Pinhole camera: How "How to See Without Your Glasses" works?

For someone with perfect vision, the lens in their eye focuses a point source in their field of vision to a point source on their retina. For someone with less than perfect vision, the focus lies either before or behind the retina, resulting in a large spot on the retina, instead of a point. See the top illustration.

Nearsighted eye with and without aperture

When you squint, or roll your fingers into a tube in front of your eye, you're placing an aperture in the way of the light. See the bottom illustration. As the diagram shows, the focus stays the same distance away from the retina, but since the angles are smaller, the spot on the retina is also smaller. A smaller spot is closer to a point, and therefore seems "sharper" - even though the vision is just as bad.

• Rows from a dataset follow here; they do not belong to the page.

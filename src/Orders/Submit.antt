-- ===== src/Orders/Submit.antt =====
-- execution/order_manager.py: `OrderManager.submit`.
use trading_cat.Base.{
  ℕ, String, Bool, true, false, not, ◌&&◌, ◌||◌, Option, none, some, List, [], ◌∷◌, if◌then◌else◌,
  any,
}
use trading_cat.Base.Int.{ℤ}
use trading_cat.Base.Tables.{count}
use trading_cat.Base.Action.{◌>>=◌, ◌>>◌, pure, raise, raise_if, gets, when, catch}
use trading_cat.Models.{ExecutionPlan, Confirmation, Decision, Digest, is_execution_mode}
use trading_cat.Store.{
  Store, Method, Error, Intent, IntentStatus, Entity, pretrade, bad_execution_mode, unknown_outcome,
  live_needs_proof, live_needs_broker, live_not_enabled, paper_needs_paper_broker,
  pretrade_rejected,
}
use trading_cat.Store.AuditLog.{audit}
use trading_cat.Store.Intents.{list_intents, get_intent_by_request_id}
use trading_cat.Store.Canaries.{close_live_canaries, close_expired_live_canaries}
use trading_cat.State.{set_intent_status}
use trading_cat.Risk.{AccountState, SyncStatus, Inputs, is_synced, evaluate, reasons, mentions}
use trading_cat.Risk.Orders.{Markets, Reason}
use trading_cat.Risk.Limits.{RiskLimits}
use trading_cat.Brokers.{BrokerAck}
use trading_cat.Brokers.Paper
use trading_cat.Brokers.Paper.{is_paper}
use trading_cat.Brokers.Live
use trading_cat.Brokers.Live.{LiveBroker, is_live, is_proven}
use trading_cat.Orders.Consume.{Entry, consume, recover, notify}

-- The broker of the manager, if it was given one.
pub data Broker : Type 0 where
  paper_broker : Broker
  live_broker : LiveBroker → Broker

abbrev broker_is_enabled : Broker → Bool
broker_is_enabled paper_broker = false
broker_is_enabled (live_broker b) = b.enable_live

abbrev is_enabled : Option Broker → Bool
is_enabled none = false
is_enabled (some b) = broker_is_enabled b

abbrev is_missing : Option Broker → Bool
is_missing none = true
is_missing _ = false

abbrev is_not_paper : Option Broker → Bool
is_not_paper (some (live_broker _)) = true
is_not_paper _ = false

-- PAPER without a broker takes the paper broker.
abbrev or_paper : Option Broker → Broker
or_paper none = paper_broker
or_paper (some b) = b

-- The arguments of one `submit` and the fields of its manager.
pub record Submission : Type 0 where
  pub plan : ExecutionPlan
  pub confirmation : Confirmation
  pub market_states : Markets
  pub account_state : Option AccountState
  pub broker : Option Broker
  pub risk_limits : Option RiskLimits
  pub daily_loss : Option ℤ
  pub now : ℕ

-- "account_state_" and the status in lower case.
abbrev sync_reason : Option AccountState → String
sync_reason none = "account_state_unknown"
sync_reason (some a) = elim a.sync_status [
  | SyncStatus.synced ↦ "account_state_synced"
  | SyncStatus.stale ↦ "account_state_stale"
  | SyncStatus.reconciling ↦ "account_state_reconciling"
  | SyncStatus.mismatch ↦ "account_state_mismatch"
  | SyncStatus.unknown ↦ "account_state_unknown"
  | SyncStatus.other _ ↦ "account_state_other"
]

abbrev pub is_out_of_sync : Option AccountState → Bool
is_out_of_sync none = true
is_out_of_sync (some a) = not (is_synced a.sync_status)

unfoldable pub close_all : String → Submission → Method Unit
close_all reason q = close_live_canaries reason (some q.plan.account_id) >>= λ _. pure tt

unfoldable pub close_expired : Submission → Method Unit
close_expired q = close_expired_live_canaries (some q.plan.account_id) q.now >>= λ _. pure tt

unfoldable pub tidy_canaries : Submission → Method Unit
tidy_canaries q = do
  close_expired q
  when (is_out_of_sync q.account_state) (close_all (sync_reason q.account_state) q)

abbrev pub is_unknown : Intent → Bool
is_unknown i = elim i.status [ IntentStatus.unknown ↦ true | _ ↦ false ]

abbrev is_in_flight : Intent → Bool
is_in_flight i = elim i.status [
  | IntentStatus.pending ↦ true
  | IntentStatus.submitting ↦ true
  | IntentStatus.submitted ↦ true
  | _ ↦ false
]

unfoldable pub refuse_unknown : Submission → Method Unit
refuse_unknown q = do
  existing ← gets (list_intents q.plan.plan_id)
  if any is_unknown existing
      then (do
        when (is_live q.plan.execution_mode) (close_all "order_intent_unknown" q)
        raise unknown_outcome)
      else pure tt

unfoldable pub check_broker : Submission → Method Unit
check_broker q = do
  raise_if (is_live q.plan.execution_mode && not (is_proven q.confirmation.approval_channel))
      live_needs_proof
  raise_if (is_live q.plan.execution_mode && is_missing q.broker) live_needs_broker
  raise_if (is_live q.plan.execution_mode && not (is_enabled q.broker)) live_not_enabled
  raise_if (is_paper q.plan.execution_mode && is_not_paper q.broker) paper_needs_paper_broker

abbrev pub goes_out : Submission → Bool
goes_out q = is_paper q.plan.execution_mode || is_live q.plan.execution_mode

-- What the gate is asked, at all orders of the store.
unfoldable pub inputs_of : Submission → List Intent → Inputs
inputs_of q all_intents = record {
  plan = q.plan;
  confirmation = q.confirmation;
  account_state = q.account_state;
  market_states = q.market_states;
  pending_intents = count is_in_flight all_intents;
  unknown_intents = count is_unknown all_intents;
  risk_limits = q.risk_limits;
  daily_loss = q.daily_loss;
  now = q.now;
}

unfoldable pub risk_inputs : Submission → Store → Inputs
risk_inputs q s = inputs_of q s.intents

unfoldable pub reject_submission : Submission → List Reason → Method Unit
reject_submission q found = do
  when (is_live q.plan.execution_mode) (do
    when (is_out_of_sync q.account_state) (close_all (sync_reason q.account_state) q)
    when (mentions "UNKNOWN" found) (close_all "order_intent_unknown" q)
    when (mentions "MISMATCH" found) (close_all "pretrade_unknown_or_mismatch" q))
  notify q.plan
  raise pretrade_rejected

unfoldable pub act_on : Submission → Inputs → Decision → Method Unit
act_on q i Decision.pass = pure tt
act_on q i Decision.reject = reject_submission q (reasons i)

unfoldable pub decide_submission : Submission → Inputs → Method Unit
decide_submission q i = do audit pretrade (Entity.plan q.plan.plan_id); act_on q i (evaluate i)

unfoldable pub gate : Submission → Method Unit
gate q = do i ← gets (risk_inputs q); decide_submission q i

-- Fail closed: whatever the broker raised, nobody knows what became of the order.
unfoldable pub fail_closed : {A : Type 0} → Submission → Intent → Error → Method A
fail_closed q row e = do
  set_intent_status row.intent_id IntentStatus.unknown none
  close_all "broker_submit_unknown_or_credential_error" q
  raise unknown_outcome

unfoldable pub submit_order : Broker → Submission → Intent → Method BrokerAck
submit_order paper_broker q row = Paper.submit_order row (some q.confirmation) (some q.plan)
submit_order (live_broker b) q row = Live.submit b row (some q.confirmation) (some q.plan) q.now

abbrev is_pending : IntentStatus → Bool
is_pending IntentStatus.pending = true
is_pending _ = false

unfoldable pub submit_row : Submission → Option Intent → Method Unit
submit_row q none = pure tt
submit_row q (some row) =
    if is_pending row.status
    then (do
      set_intent_status row.intent_id IntentStatus.submitting none
      ack ← catch (submit_order (or_paper q.broker) q row) (fail_closed q row)
      set_intent_status row.intent_id IntentStatus.submitted (some ack.broker_order_id)
      pure tt)
    else pure tt

unfoldable pub submit_each : Submission → List Entry → Method Unit
submit_each q [] = pure tt
submit_each q (e ∷ es) = do
  stored ← gets (get_intent_by_request_id e.content.client_request_id)
  submit_row q stored
  submit_each q es

unfoldable pub send : Submission → List Entry → Method Unit
send q es = do recover q.plan.plan_id; submit_each q es; notify q.plan

unfoldable pub submit : Digest → Submission → Method (List Entry)
submit sha256 q = do
  raise_if (not (is_execution_mode q.plan.execution_mode)) bad_execution_mode
  when (is_live q.plan.execution_mode) (tidy_canaries q)
  refuse_unknown q
  check_broker q
  when (goes_out q) (gate q)
  es ← consume sha256 q.plan q.confirmation q.now
  when (goes_out q) (send q es)
  pure es
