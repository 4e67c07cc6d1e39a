-- ===== src/Orders/Evolve.antt =====
-- execution/order_manager.py: every operation evolves the store, whether it returns or raises.
use trading_cat.Base.{ℕ, String, Option, none, some, List, [], ◌∷◌}
use trading_cat.Base.Action.Relates.{Relates, Relates-bind, Relates-gets, relates_rules}
use trading_cat.Models.{ExecutionPlan, Confirmation, Decision, Digest}
use trading_cat.Store.{Error, PlanRow, Intent}
use trading_cat.Store.Intents.{NewIntent}
use trading_cat.Evolution.{Evolves, Evolves-IsPreorder}
use trading_cat.Evolution.Methods.{
  audit-Evolves, insert_plan-Evolves, insert_intent-Evolves, insert_confirmation-Evolves,
  mark_plan_consumed-Evolves,
}
use trading_cat.Evolution.Canaries.{
  close_live_canaries-Evolves, close_expired_live_canaries-Evolves, authorize_live_canary-Evolves,
}
use trading_cat.State.Monotone.{set_intent_status-Evolves}
use trading_cat.Brokers.Paper
use trading_cat.Brokers.Live
use trading_cat.Brokers.Live.{LiveBroker}
use trading_cat.Risk.{Inputs}
use trading_cat.Risk.Orders.{Reason}
use trading_cat.Orders.Tickets.{create, create_core, keep_core, create_own, keep_own}
use trading_cat.Orders.Consume.{
  Entry, Outcome, consume, consume_or_return, consume_new, consume_body, create_all, insert_all,
  return_existing, finish, notify, recover, recover_rows, recover_row, close_if_live,
}
use trading_cat.Orders.Submit.{
  Broker, Submission, submit, send, submit_each, submit_row, submit_order, fail_closed, gate,
  act_on, decide_submission, reject_submission, check_broker, refuse_unknown, tidy_canaries,
  close_expired, close_all,
}

ruleset rules = (
  Evolves-IsPreorder, relates_rules, set_intent_status-Evolves, audit-Evolves, insert_plan-Evolves,
  insert_intent-Evolves, insert_confirmation-Evolves, mark_plan_consumed-Evolves,
  close_live_canaries-Evolves, close_expired_live_canaries-Evolves, authorize_live_canary-Evolves,
)

keep_core-Evolves : (p : ExecutionPlan) (o : Option PlanRow) → Relates Evolves (keep_core p o)
unfolding keep_core
keep_core-Evolves p none = search rules
keep_core-Evolves p (some stored) = search rules

keep_own-Evolves : (p : ExecutionPlan) (o : Option PlanRow) → Relates Evolves (keep_own p o)
unfolding keep_own
keep_own-Evolves p none = search rules
keep_own-Evolves p (some stored) = search rules

pub create-Evolves :
    (p : ExecutionPlan) (expires_at : Option ℕ) (cid : String) (now : ℕ)
    → Relates Evolves (create p expires_at cid now)
unfolding create create_core create_own
create-Evolves p expires_at cid now = search (rules, keep_core-Evolves, keep_own-Evolves) depth 30

insert_all-Evolves : (ns : List NewIntent) → Relates Evolves (insert_all ns)
unfolding insert_all
insert_all-Evolves [] = search rules
insert_all-Evolves (n ∷ ns) =
    Relates-bind Evolves-IsPreorder _ _ (insert_intent-Evolves n) (λ _. insert_all-Evolves ns)

create_all-Evolves :
    (plan : ExecutionPlan) (cid : String) (is : List Intent)
    → Relates Evolves (create_all plan cid is)
unfolding create_all
create_all-Evolves plan cid [] = search (rules, insert_all-Evolves) depth 20
create_all-Evolves plan cid (i ∷ is) = search rules

consume_body-Evolves :
    (plan : ExecutionPlan) (c : Confirmation) (now : ℕ) → Relates Evolves (consume_body plan c now)
unfolding consume_body
consume_body-Evolves plan c now = search (rules, create_all-Evolves) depth 40

notify-Evolves : (plan : ExecutionPlan) → Relates Evolves (notify plan)
unfolding notify
notify-Evolves plan = search rules

finish-Evolves : (plan : ExecutionPlan) (o : Outcome) → Relates Evolves (finish plan o)
unfolding finish
finish-Evolves plan (Outcome.already es) = search rules
finish-Evolves plan (Outcome.created es) = search (rules, notify-Evolves)

consume_or_return-Evolves :
    (plan : ExecutionPlan) (c : Confirmation) (now : ℕ) (is : List Intent)
    → Relates Evolves (consume_or_return plan c now is)
unfolding consume_or_return consume_new return_existing
consume_or_return-Evolves plan c now [] =
    search (rules, consume_body-Evolves, finish-Evolves) depth 30
consume_or_return-Evolves plan c now (i ∷ is) = search rules depth 30

pub consume-Evolves :
    (sha256 : Digest) (plan : ExecutionPlan) (c : Confirmation) (now : ℕ)
    → Relates Evolves (consume sha256 plan c now)
unfolding consume
consume-Evolves sha256 plan c now = search (rules, consume_or_return-Evolves) depth 30

close_if_live-Evolves : (o : Option PlanRow) → Relates Evolves (close_if_live o)
unfolding close_if_live
close_if_live-Evolves none = search rules
close_if_live-Evolves (some p) = search rules

recover_row-Evolves : (plan_id : String) (i : Intent) → Relates Evolves (recover_row plan_id i)
unfolding recover_row
recover_row-Evolves plan_id i = search (rules, close_if_live-Evolves) depth 20

recover_rows-Evolves :
    (plan_id : String) (is : List Intent) → Relates Evolves (recover_rows plan_id is)
unfolding recover_rows
recover_rows-Evolves plan_id [] = search rules
recover_rows-Evolves plan_id (i ∷ is) =
    Relates-bind Evolves-IsPreorder _ _ (recover_row-Evolves plan_id i)
      (λ _. recover_rows-Evolves plan_id is)

pub recover-Evolves : (plan_id : String) → Relates Evolves (recover plan_id)
unfolding recover
recover-Evolves plan_id = search (rules, recover_rows-Evolves) depth 20

close_all-Evolves : (reason : String) (q : Submission) → Relates Evolves (close_all reason q)
unfolding close_all
close_all-Evolves reason q = search rules

tidy_canaries-Evolves : (q : Submission) → Relates Evolves (tidy_canaries q)
unfolding tidy_canaries close_expired
tidy_canaries-Evolves q = search (rules, close_all-Evolves) depth 20

refuse_unknown-Evolves : (q : Submission) → Relates Evolves (refuse_unknown q)
unfolding refuse_unknown
refuse_unknown-Evolves q = search (rules, close_all-Evolves) depth 20

check_broker-Evolves : (q : Submission) → Relates Evolves (check_broker q)
unfolding check_broker
check_broker-Evolves q = search rules depth 20

reject_submission-Evolves :
    (q : Submission) (rs : List Reason) → Relates Evolves (reject_submission q rs)
unfolding reject_submission
reject_submission-Evolves q rs = search (rules, close_all-Evolves, notify-Evolves) depth 30

act_on-Evolves : (q : Submission) (i : Inputs) (d : Decision) → Relates Evolves (act_on q i d)
unfolding act_on
act_on-Evolves q i Decision.pass = search rules
act_on-Evolves q i Decision.reject = search (rules, reject_submission-Evolves)

gate-Evolves : (q : Submission) → Relates Evolves (gate q)
unfolding gate decide_submission
gate-Evolves q = search (rules, act_on-Evolves) depth 20

submit_order_paper-Evolves :
    (row : Intent) (c : Confirmation) (p : ExecutionPlan)
    → Relates Evolves (Paper.submit_order row (some c) (some p))
unfolding Paper.submit_order Paper.submit_paper
submit_order_paper-Evolves row c p = search rules depth 20

authorize-Evolves :
    (b : LiveBroker) (row : Intent) (c : Confirmation) (p : ExecutionPlan) (r : Confirmation)
    (now : ℕ)
    → Relates Evolves (Live.authorize b row c p r now)
unfolding Live.authorize
authorize-Evolves b row c p r now = search rules depth 30

submit_live-Evolves :
    (b : LiveBroker) (row : Intent) (c : Confirmation) → Relates Evolves (Live.submit_live b row c)
unfolding Live.submit_live
submit_live-Evolves b row c = search rules depth 30

dry_run_submit-Evolves :
    (row : Intent) (p : ExecutionPlan) → Relates Evolves (Live.dry_run_submit row p)
unfolding Live.dry_run_submit
dry_run_submit-Evolves row p = search rules

live-Evolves :
    (b : LiveBroker) (row : Intent) (c : Confirmation) (p : ExecutionPlan) (now : ℕ)
    → Relates Evolves (Live.submit b row (some c) (some p) now)
unfolding Live.submit Live.submit_checked Live.send_or_dry_run
live-Evolves b row c p now =
    search (rules, authorize-Evolves, submit_live-Evolves, dry_run_submit-Evolves) depth 40

submit_order-Evolves :
    (b : Broker) (q : Submission) (row : Intent) → Relates Evolves (submit_order b q row)
unfolding submit_order
submit_order-Evolves Broker.paper_broker q row =
    submit_order_paper-Evolves row q.confirmation q.plan
submit_order-Evolves (Broker.live_broker b) q row = live-Evolves b row q.confirmation q.plan q.now

fail_closed-Evolves :
    {A : Type 0} (q : Submission) (row : Intent) (e : Error)
    → Relates Evolves (fail_closed {A = A} q row e)
unfolding fail_closed
fail_closed-Evolves q row e = search (rules, close_all-Evolves) depth 20

submit_row-Evolves : (q : Submission) (o : Option Intent) → Relates Evolves (submit_row q o)
unfolding submit_row
submit_row-Evolves q none = search rules
submit_row-Evolves q (some row) = search (rules, submit_order-Evolves, fail_closed-Evolves) depth 30

submit_each-Evolves : (q : Submission) (es : List Entry) → Relates Evolves (submit_each q es)
unfolding submit_each
submit_each-Evolves q [] = search rules
submit_each-Evolves q (e ∷ es) =
    Relates-bind Evolves-IsPreorder _ _ (Relates-gets Evolves-IsPreorder _) λ stored.
      Relates-bind Evolves-IsPreorder _ _ (submit_row-Evolves q stored)
        (λ _. submit_each-Evolves q es)

send-Evolves : (q : Submission) (es : List Entry) → Relates Evolves (send q es)
unfolding send
send-Evolves q es = search (rules, recover-Evolves, submit_each-Evolves, notify-Evolves) depth 20

pub submit-Evolves : (sha256 : Digest) (q : Submission) → Relates Evolves (submit sha256 q)
unfolding submit
submit-Evolves sha256 q =
    search
      (
        rules, tidy_canaries-Evolves, refuse_unknown-Evolves, check_broker-Evolves, gate-Evolves,
        consume-Evolves, send-Evolves,
      )
      depth 40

The camera obscura works on a similar principle.


Basically, what your eye does is take an average value of all the light that comes into your eye, and present it as the final image.

Let us consider a wide open eye. This eye receives information from all angles possible, and the larger angle the incoming angle has with respect to the normal line of the eye, the more refraction it will go through.

When your eye does not function well, like myopia, your lens will not be able to refract properly. And every light that needs a refraction will undergo some deviation from its correct path.

What you do when squinting, or the tactic shown in Wikihow, is basically eliminating the larger angle light rays, while only receiving those that require little to none refraction to reach the optic disc in your retina.